There can be no assurance that the proposed transaction
will in fact be consummated. We caution investors not to unduly rely on any forward-looking statements. The forward-looking statements
speak only as of the date of this press release. Neither Unity nor ironSource is under any duty to update any of these forward-looking
statements after the date of this communication, nor to conform prior statements to actual results or revised expectations, and neither
Unity nor ironSource intends to do so.
Important Information for Investors and
Stockholders
In connection with the proposed transaction, Unity
had filed with the SEC a registration statement on Form S-4 that includes a preliminary joint proxy statement of Unity and ironSource
that also constitutes a prospectus of Unity, which joint proxy statement/prospectus will be mailed or otherwise disseminated to Unity’s
and ironSource’s respective securityholders, as applicable, when declared effective by the SEC and it becomes available.
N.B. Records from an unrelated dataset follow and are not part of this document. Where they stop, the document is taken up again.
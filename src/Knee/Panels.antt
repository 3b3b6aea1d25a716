-- ===== src/Knee/Panels.antt =====
-- sweep/mkcharts.py: the small multiples, a panel to a round trip: where the panels stand, and their axes.
pub mod Axis
pub mod Picture
pub mod Total
pub mod Layout
use raft_tests.Prelude.{
  ℕ, zero, suc, ◌+◌, ◌-◌, ◌*◌, ◌/◌, ◌%◌, List, [], ◌∷◌, ◌++◌, arith, if◌then◌else◌, String, ◌<>◌,
  Result, ok, ◌>>=◌, map_result, string_eq, option_eq, pair_eq, list_eq, nat_eq, int_eq, ℤ, pos,
  ◌*ℤ◌, ltb_ℤ, int_laws,
}
use Prim.Native.Nat.{max}
use raft_tests.Svg.{element, text}
use raft_tests.Python.Dict.{Dict, get, keys, lookup}
use raft_tests.Python.Number.{show_int, show_nat}
use raft_tests.Python.Float.{Float}
use raft_tests.Knee.Style.{ink, ink2, muted, grid, axis, band, c1, c2}
use raft_tests.Knee.Rows.{Product, Entry}
use raft_tests.Knee.Legend.{legend}
use raft_tests.Knee.Clash.{Series}
use raft_tests.Knee.Draw.{Plot, show_latency, ticks_to, right, bottom, head, axes, xm, ym, series}
use raft_tests.Knee.Product.{Svg, entries_of}

abbrev pub columns : ℕ
columns = 3

abbrev pub panel_width : ℕ
panel_width = 268

abbrev pub panel_height : ℕ
panel_height = 196

-- `GX` and `GY`
abbrev pub gap_x : ℕ
gap_x = 26

abbrev pub gap_y : ℕ
gap_y = 58

-- `ML` and `MT`
abbrev pub margin_left : ℕ
margin_left = 62

abbrev pub margin_top : ℕ
margin_top = 124

-- `ROWS`: the quotient by `COLS`, rounded up, and 1 at least
unfoldable pub rows_for : ℕ → ℕ
rows_for n = max 1 ((n + (columns - 1)) / columns)

-- `W` and `H`
abbrev pub canvas_width : ℕ
canvas_width = margin_left + columns * panel_width + (columns - 1) * gap_x + 24

unfoldable pub canvas_height : ℕ → ℕ
unfolding rows_for
canvas_height n = margin_top + rows_for n * panel_height + (rows_for n - 1) * gap_y + 86

-- `L` and `T` of panel i
unfoldable pub panel_left : ℕ → ℕ
panel_left i = margin_left + (i % columns) * (panel_width + gap_x)

unfoldable pub panel_top : ℕ → ℕ
panel_top i = margin_top + (i / columns) * (panel_height + gap_y)

-- `q["rate"]` of all entries of the round trips
unfoldable pub rates_of : Dict Product (List Entry) → List Series → Result (List ℤ)
rates_of d [] = ok []
rates_of d ((name, _, _) ∷ rest) = do
  entries ← entries_of d name
  rates ← map_result (lookup "rate") entries
  more ← rates_of d rest
  ok (rates ++ more)

-- `max`, which keeps its first of two equals
unfoldable pub max_of : ℤ → List ℤ → ℤ
max_of m [] = m
max_of m (r ∷ rs) = max_of (if ltb_ℤ m r then r else m) rs

-- `_maxrate`
unfoldable pub max_rate : List ℤ → ℤ
max_rate [] = pos 130000
max_rate (r ∷ rs) = max_of r rs

module _ {ℓ} (F : Type ℓ) ⦃f : Float F⦄ where
  -- `XMAX`: the next multiple of 25000
  unfoldable pub axis_end : ℤ → ℤ
  axis_end rate = f.ceil (f.div (f.of_int rate) (f.lit 250000 1)) *ℤ pos 25000

  -- `xm` and `ym` of panel i, over the axes that the panels share
  unfoldable pub panel_plot : ℤ → ℕ → Plot F
  panel_plot xmax i = record {
    left = pos (panel_left i);
    top = pos (panel_top i);
    plot_width = pos panel_width;
    plot_height = pos panel_height;
    xmax = xmax;
    ylo = f.log10 (f.lit 5000 1);
    yhi = f.log10 (f.lit 2000000 1);
  }

-- `XSTEP`
unfoldable pub axis_step : ℤ → ℕ
axis_step xmax = if ltb_ℤ (pos 150000) xmax then 50000 else 25000

-- `[p for p in entries if p[key]>0]`
unfoldable pub positive : String → List Entry → Result (List Entry)
positive key [] = ok []
positive key (p ∷ ps) = do
  v ← lookup key p
  more ← positive key ps
  ok (if ltb_ℤ (pos 0) v then p ∷ more else more)

-- the clip path of panel i
unfoldable pub panel_clip : ℕ → String
panel_clip i =
    "<clipPath id=\"pan"
    <> show_nat i
    <> "\">"
    <> element "rect" (
        ("x", show_nat (panel_left i - 6))
        ∷ ("y", show_nat (panel_top i - 6))
        ∷ ("width", show_nat (panel_width + 12))
        ∷ ("height", show_nat (panel_height + 12))
        ∷ [])
    <> "</clipPath>"

-- `range(i, i + n)`
unfoldable pub range_from : ℕ → ℕ → List ℕ
range_from i zero = []
range_from i (suc n) = i ∷ range_from (i + 1) n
Unity and
ironSource also plan to file other relevant documents with the SEC regarding the proposed transaction. INVESTORS ARE URGED TO
READ THE JOINT PROXY STATEMENT/PROSPECTUS AND OTHER RELEVANT DOCUMENTS FILED WITH THE SEC IF AND WHEN THEY BECOME AVAILABLE, BECAUSE THEY
WILL CONTAIN IMPORTANT INFORMATION.
Investors and securityholders may obtain free
copies of the registration statement and the joint proxy statement/prospectus (if and when it becomes available) and other relevant documents
filed by Unity and ironSource with the SEC at the SEC’s website at www.sec.gov. Copies of the documents filed by the
companies will be available free of charge on their respective websites at www.unity.com and www.is.com.
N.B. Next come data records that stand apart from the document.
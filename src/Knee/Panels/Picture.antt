-- ===== src/Knee/Panels/Picture.antt =====
-- sweep/mkcharts.py: the lines of round-trips.svg.
use raft_tests.Prelude.{
  ℕ, ◌+◌, ◌-◌, ◌*◌, ◌/◌, ◌%◌, none, some, List, [], ◌∷◌, ◌++◌, map, ◌==◌, contains, if◌then◌else◌,
  String, ◌<>◌, Result, ok, gather, ◌>>=◌, length, string_eq, option_eq, pair_eq, list_eq, nat_eq,
  int_eq, ℤ, pos, ◌+ℤ◌, ◌-ℤ◌,
}
use raft_tests.Svg.{element, text}
use raft_tests.Python.Dict.{Dict, keys}
use raft_tests.Python.Number.{show_int, show_nat}
use raft_tests.Python.Float.{Float}
use raft_tests.Knee.Style.{ink, ink2, muted, grid, axis, band, c1, c2}
use raft_tests.Knee.Rows.{Product, Entry}
use raft_tests.Knee.Legend.{legend}
use raft_tests.Knee.Clash.{Series}
use raft_tests.Knee.Draw.{Plot, show_latency, ticks_to, right, bottom, head, xm, ym, series}
use raft_tests.Knee.Product.{Svg, entries_of}
use raft_tests.Knee.Panels.{
  columns, panel_width, panel_height, gap_x, gap_y, margin_left, margin_top, rows_for, canvas_width,
  canvas_height, rates_of, max_rate, axis_end, axis_step, panel_plot, positive, panel_clip,
  range_from,
}

-- `_n`
unfoldable pub count_word : ℕ → String
count_word n =
    if n == 2
    then "two"
    else if n == 3
    then "three"
    else if n == 4
    then "four"
    else if n == 5
    then "five"
    else if n == 6
    then "six"
    else show_nat n

-- the subtitle
unfoldable pub panels_sub : Dict Product (List Entry) → List String
panels_sub d =
    "Every hop this repo measures, same fleet and same sweep. Identical axes across panels; log latency scale."
    ∷ "FIX arms are FIX 4.4 throughout; they differ in delivery path, not protocol version."
    ∷ "Hollow marker = the cluster fell behind the offered rate. Shaded band = at or below 1 ms."
    ∷ "Past the knee, latency runs to whole seconds; those points clip at the panel top."
    ∷ (if contains (keys d) (some "sequencer-direct")
        then "The direct-to-node arm was swept further than these shared axes show — see its own chart."
          ∷ []
        else [])

module _ {ℓ} {F : Type ℓ} ⦃f : Float F⦄ (plot : Plot F) where
  -- the grid line at v, with its label in the first column only
  unfoldable pub panel_ytick : ℕ → ℤ → Result (List String)
  panel_ytick c v = do
    yy ← ym plot v
    let line = element "line" (
        ("x1", show_int plot.left)
        ∷ ("y1", f.fixed 1 yy)
        ∷ ("x2", show_int (right plot))
        ∷ ("y2", f.fixed 1 yy)
        ∷ ("stroke", grid)
        ∷ ("stroke-width", "1")
        ∷ [])
    let label =
        text
          (("x", show_int (plot.left -ℤ pos 8))
            ∷ ("y", f.fixed 1 (f.add yy (f.of_int (pos 4))))
            ∷ ("font-size", "10")
            ∷ ("fill", muted)
            ∷ ("text-anchor", "end")
            ∷ [])
          (show_latency v)
    ok (line ∷ (if c == 0 then label ∷ [] else []))

  unfoldable pub panel_xtick : ℕ → Result (List String)
  panel_xtick v = do
    xx ← xm plot (pos v)
    ok (
        element "line" (
          ("x1", f.fixed 1 xx)
          ∷ ("y1", show_int (bottom plot))
          ∷ ("x2", f.fixed 1 xx)
          ∷ ("y2", show_int (bottom plot +ℤ pos 4))
          ∷ ("stroke", axis)
          ∷ ("stroke-width", "1")
          ∷ [])
        ∷ text
            (("x", f.fixed 1 xx)
              ∷ ("y", show_int (bottom plot +ℤ pos 17))
              ∷ ("font-size", "10")
              ∷ ("fill", muted)
              ∷ ("text-anchor", "middle")
              ∷ [])
            (show_nat (v / 1000) <> "k")
        ∷ [])

  -- the band at or below 1 ms: its left edge, its top at `ym(1000)` and its width
  unfoldable pub draw_band_ms : Result (List String × F)
  draw_band_ms = do
    y ← ym plot (pos 1000)
    ok (
      element "rect" (
            ("x", show_int plot.left)
            ∷ ("y", f.fixed 1 y)
            ∷ ("width", show_int plot.plot_width)
            ∷ ("height", f.fixed 1 (f.sub (f.of_int (bottom plot)) y))
            ∷ ("fill", band)
            ∷ [])
          ∷ [],
      y,
    )

  -- the points above zero, where there are any
  unfoldable pub positive_series : List Entry → String → String → Result (List String)
  positive_series entries col key = do
    pts ← positive key entries
    elim pts [ [] ↦ ok [] | p ∷ ps ↦ series plot (p ∷ ps) col key ]

  -- the body of the loop over the panels
  unfoldable pub draw_panel : ℕ → ℕ → String → List Entry → Result (List String)
  draw_panel i xstep label entries = do
    shade ← draw_band_ms
    ys ← gather (panel_ytick (i % columns)) (pos 1000 ∷ pos 10000 ∷ pos 100000 ∷ [])
    xs ← gather panel_xtick (ticks_to plot.xmax xstep)
    p99 ← positive_series entries c2 "p99"
    p50 ← positive_series entries c1 "p50"
    ok (
        shade.0
        ++ (ys
            ++ (element "line" (
                  ("x1", show_int plot.left)
                  ∷ ("y1", show_int (bottom plot))
                  ∷ ("x2", show_int (right plot))
                  ∷ ("y2", show_int (bottom plot))
                  ∷ ("stroke", axis)
                  ∷ ("stroke-width", "1")
                  ∷ [])
                ∷ (xs
                    ++ (text
                          (("x", show_int plot.left)
                            ∷ ("y", show_int (plot.top -ℤ pos 8))
                            ∷ ("font-size", "12")
                            ∷ ("font-weight", "600")
                            ∷ ("fill", ink)
                            ∷ [])
                          label
                        ∷ ("<g clip-path=\"url(#pan" <> show_nat i <> ")\">")
                        ∷ (p99 ++ (p50 ++ ("</g>" ∷ []))))))))

module _ {ℓ} (F : Type ℓ) ⦃f : Float F⦄ where
  -- the loop over `enumerate(rt_present)`
  unfoldable pub draw_panels :
      Dict Product (List Entry) → ℤ → ℕ → List Series → Result (List String)
  draw_panels d xmax i [] = ok []
  draw_panels d xmax i ((name, label, _) ∷ rest) = do
    entries ← entries_of d name
    panel ← draw_panel (panel_plot F xmax i) i (axis_step xmax) label entries
    more ← draw_panels d xmax (i + 1) rest
    ok (panel ++ more)

  -- `a+n/2` of ints, as `f"{…:.0f}"` prints it
  abbrev halfway : ℕ → ℕ → String
  halfway a n = f.fixed 0 (f.add (f.of_int (pos a)) (f.div (f.of_int (pos n)) (f.of_int (pos 2))))

  -- `round-trips.svg`
  unfoldable pub round_trips_file : Dict Product (List Entry) → List Series → Result Svg
  round_trips_file d rt_present = do
    let n = length rt_present
    let rows = rows_for n
    rates ← rates_of d rt_present
    let xmax = axis_end F (max_rate rates)
    panels ← draw_panels d xmax 0 rt_present
    let mid = halfway margin_top (rows * panel_height + (rows - 1) * gap_y)
    ok (
      "round-trips.svg",
      head (pos canvas_width) (pos (canvas_height n))
            ("sequencer: " <> count_word n <> " round trips, p50 and p99") (panels_sub d)
          ++ ("<defs>"
              ∷ (map panel_clip (range_from 0 n)
                  ++ ("</defs>"
                      ∷ (panels
                          ++ (text
                                (("x", "20")
                                  ∷ ("y", mid)
                                  ∷ ("font-size", "11")
                                  ∷ ("fill", ink2)
                                  ∷ ("text-anchor", "middle")
                                  ∷ ("transform", "rotate(-90 20 " <> mid <> ")")
                                  ∷ [])
                                "latency, log scale"
                              ∷ text
                                  ((
                                    "x",
                                    halfway margin_left
                                        (columns * panel_width + (columns - 1) * gap_x),
                                  )
                                    ∷ ("y", show_nat (canvas_height n - 46))
                                    ∷ ("font-size", "11")
                                    ∷ ("fill", ink2)
                                    ∷ ("text-anchor", "middle")
                                    ∷ [])
                                  "offered rate (requests/sec)"
                              ∷ (legend F ink2 (pos margin_left) (pos (canvas_height n))
                                    (("p50", c1) ∷ ("p99", c2) ∷ []) none
                                  ++ ("</svg>" ∷ []))))))),
    )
Participants in Solicitation
Unity, ironSource and their respective directors
and executive officers may be considered participants in the solicitation of proxies in connection with the proposed transaction. Information
about the directors and executive officers of Unity is set forth in its proxy statement for its 2022 annual meeting of stockholders, which
was filed with the SEC on April 20, 2022. Information about the directors and executive officers of ironSource is set forth in its
Annual Report on Form 20-F for the fiscal year ended December 31, 2021, which was filed with the SEC on March 30, 2022.
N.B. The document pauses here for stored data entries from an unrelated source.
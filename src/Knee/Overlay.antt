-- ===== src/Knee/Overlay.antt =====
-- sweep/mkcharts.py: round-trips-p50.svg, the round trips in one chart.
pub mod Total
pub mod Layout
use raft_tests.Prelude.{
  ℕ, ◌+◌, ◌-◌, ◌*◌, Option, none, some, List, [], ◌∷◌, ◌++◌, map, ◌==◌, if◌then◌else◌, String, ◌<>◌,
  Result, ok, gather, ◌>>=◌, length, string_eq, option_eq, pair_eq, list_eq, nat_eq, int_eq, ℤ, pos,
  ◌-ℤ◌, ltb_ℤ,
}
use raft_tests.Svg.{text}
use raft_tests.Python.Dict.{Dict, lookup}
use raft_tests.Python.Text.{codes, string_of}
use raft_tests.Python.Number.{show_commas}
use raft_tests.Python.Float.{Float}
use raft_tests.Knee.Style.{ink2, muted}
use raft_tests.Knee.Rows.{Product, Entry}
use raft_tests.Knee.Wrap.{wrap_sub, default_budget}
use raft_tests.Knee.Legend.{Item, legend_rows, legend}
use raft_tests.Knee.Clash.{Series}
use raft_tests.Knee.Draw.{Plot, show_latency, right, head, axes}
use raft_tests.Knee.Product.{Svg, entries_of}
use raft_tests.Knee.Panels.{rates_of, max_rate, axis_end, axis_step}
use raft_tests.Knee.Panels.Picture.{draw_band_ms, positive_series}
use raft_tests.Python.Number.{show_int}

-- `next((q for q in entries if q["rate"] == 100000 and q["p50"] > 0), None)`
unfoldable pub entry_at_100k : List Entry → Result (Option Entry)
entry_at_100k [] = ok none
entry_at_100k (q ∷ qs) = do
  rate ← lookup "rate" q
  let more = entry_at_100k qs
  let try_p50 = (do p50 ← lookup "p50" q; if ltb_ℤ (pos 0) p50 then ok (some q) else more)
  if rate == pos 100000 then try_p50 else more

-- what a round trip adds to `_at100k`
unfoldable pub at_100k : Dict Product (List Entry) → Series → Result (List String)
at_100k d (name, lab, _) = do
  entries ← entries_of d name
  pt ← entry_at_100k entries
  elim pt [
    | none ↦ ok []
    | some q ↦ (do p50 ← lookup "p50" q; ok ((lab <> " " <> show_commas p50 <> " µs") ∷ []))
  ]

-- `"; ".join(parts)`
unfoldable pub join_semicolon : List String → String
join_semicolon [] = ""
join_semicolon (s ∷ []) = s
join_semicolon (s ∷ t ∷ rest) = s <> "; " <> join_semicolon (t ∷ rest)

-- `_sub`
unfoldable pub sub_at_100k : List String → String
sub_at_100k [] = "No 100k point in this dataset."
sub_at_100k (s ∷ rest) = "At 100k: " <> join_semicolon (s ∷ rest) <> "."

-- `_sublines`
unfoldable pub sub_lines : List String → List String
sub_lines at =
    "p50 latency vs offered rate, same fleet and sweep as the panels above. Log latency scale. FIX arms are FIX 4.4 throughout."
    ∷ (map string_of (wrap_sub (codes (sub_at_100k at)) default_budget)
        ++ ("Hollow marker = the cluster fell behind the offered rate. Shaded band = at or below 1 ms."
            ∷ []))

-- `_legend_items`
unfoldable pub legend_items : List Series → List Item
legend_items rt_present = map (λ s. (s.1, s.2)) rt_present

module _ {ℓ} (F : Type ℓ) ⦃f : Float F⦄ where
  -- `B`, with the room for the rows of the legend
  unfoldable pub overlay_margin : List Series → ℕ
  overlay_margin rt_present =
      74 + (legend_rows F (legend_items rt_present) (pos 78) (pos (900 - 20)) - 1) * 18

-- `T` and `H`
unfoldable pub overlay_top : List String → ℕ
overlay_top sublines = 46 + 16 * length sublines + 2

unfoldable pub overlay_height : List String → ℕ → ℕ
unfolding overlay_top
overlay_height sublines margin = overlay_top sublines + (470 - 96 - 74) + margin

module _ {ℓ} (F : Type ℓ) ⦃f : Float F⦄ where
  -- `W,L,R=900,78,40`, and the scales
  unfoldable pub overlay_plot : ℤ → List String → ℕ → Plot F
  overlay_plot xmax sublines margin = record {
    left = pos 78;
    top = pos (overlay_top sublines);
    plot_width = pos (900 - 78 - 40);
    plot_height = pos (overlay_height sublines margin - overlay_top sublines - margin);
    xmax = xmax;
    ylo = f.log10 (f.lit 6000 1);
    yhi = f.log10 (f.lit 2000000 1);
  }

  -- the body of the loop over the round trips
  unfoldable pub overlay_curve : Plot F → Dict Product (List Entry) → Series → Result (List String)
  overlay_curve plot d (name, _, col) = do
    entries ← entries_of d name
    positive_series plot entries col "p50"

  unfoldable pub overlay_file : Dict Product (List Entry) → List Series → Result Svg
  overlay_file d rt_present = do
    rates ← rates_of d rt_present
    let xmax = axis_end F (max_rate rates)
    at ← gather (at_100k d) rt_present
    let sublines = sub_lines at
    let margin = overlay_margin F rt_present
    let plot = overlay_plot xmax sublines margin
    let height = pos (overlay_height sublines margin)
    shade ← draw_band_ms plot
    grid ←
        axes plot (axis_step xmax)
          (pos 1000 ∷ pos 2000 ∷ pos 5000 ∷ pos 10000 ∷ pos 50000 ∷ pos 200000 ∷ [])
          "p50 latency, log scale" show_latency
    curves ← gather (overlay_curve plot d) rt_present
    ok (
      "round-trips-p50.svg",
      head (pos 900) height "sequencer: gateway round trips, p50 vs offered rate" sublines
          ++ (shade.0
              ++ (text
                    (("x", show_int (right plot -ℤ pos 8))
                      ∷ ("y", f.fixed 1 (f.add (shade.1) (f.of_int (pos 15))))
                      ∷ ("font-size", "11")
                      ∷ ("fill", muted)
                      ∷ ("text-anchor", "end")
                      ∷ [])
                    "at or below 1 ms"
                  ∷ (grid
                      ++ (curves
                          ++ (legend F ink2 (pos 78) height (legend_items rt_present)
                                (some (pos (900 - 20)))
                              ++ ("</svg>" ∷ [])))))),
    )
These documents can be obtained free of charge from the sources indicated above. Additional information regarding the participants in
the proxy solicitations and a description of their direct and indirect interests, by security holdings or otherwise, will be contained
in the joint proxy statement/prospectus and other relevant materials to be filed with the SEC when they become available.
No Offer or Solicitation
This communication is not intended to and shall
not constitute an offer to sell or the solicitation of an offer to sell or the solicitation of an offer to buy any securities or a solicitation
of any vote of approval, nor shall there be any sale of securities in any jurisdiction in which such offer, solicitation or sale would
be unlawful prior to registration or qualification under the securities laws of any such jurisdiction. No offer of securities shall be
made except by means of a prospectus meeting the requirements of Section 10 of the Securities Act of 1933, as amended.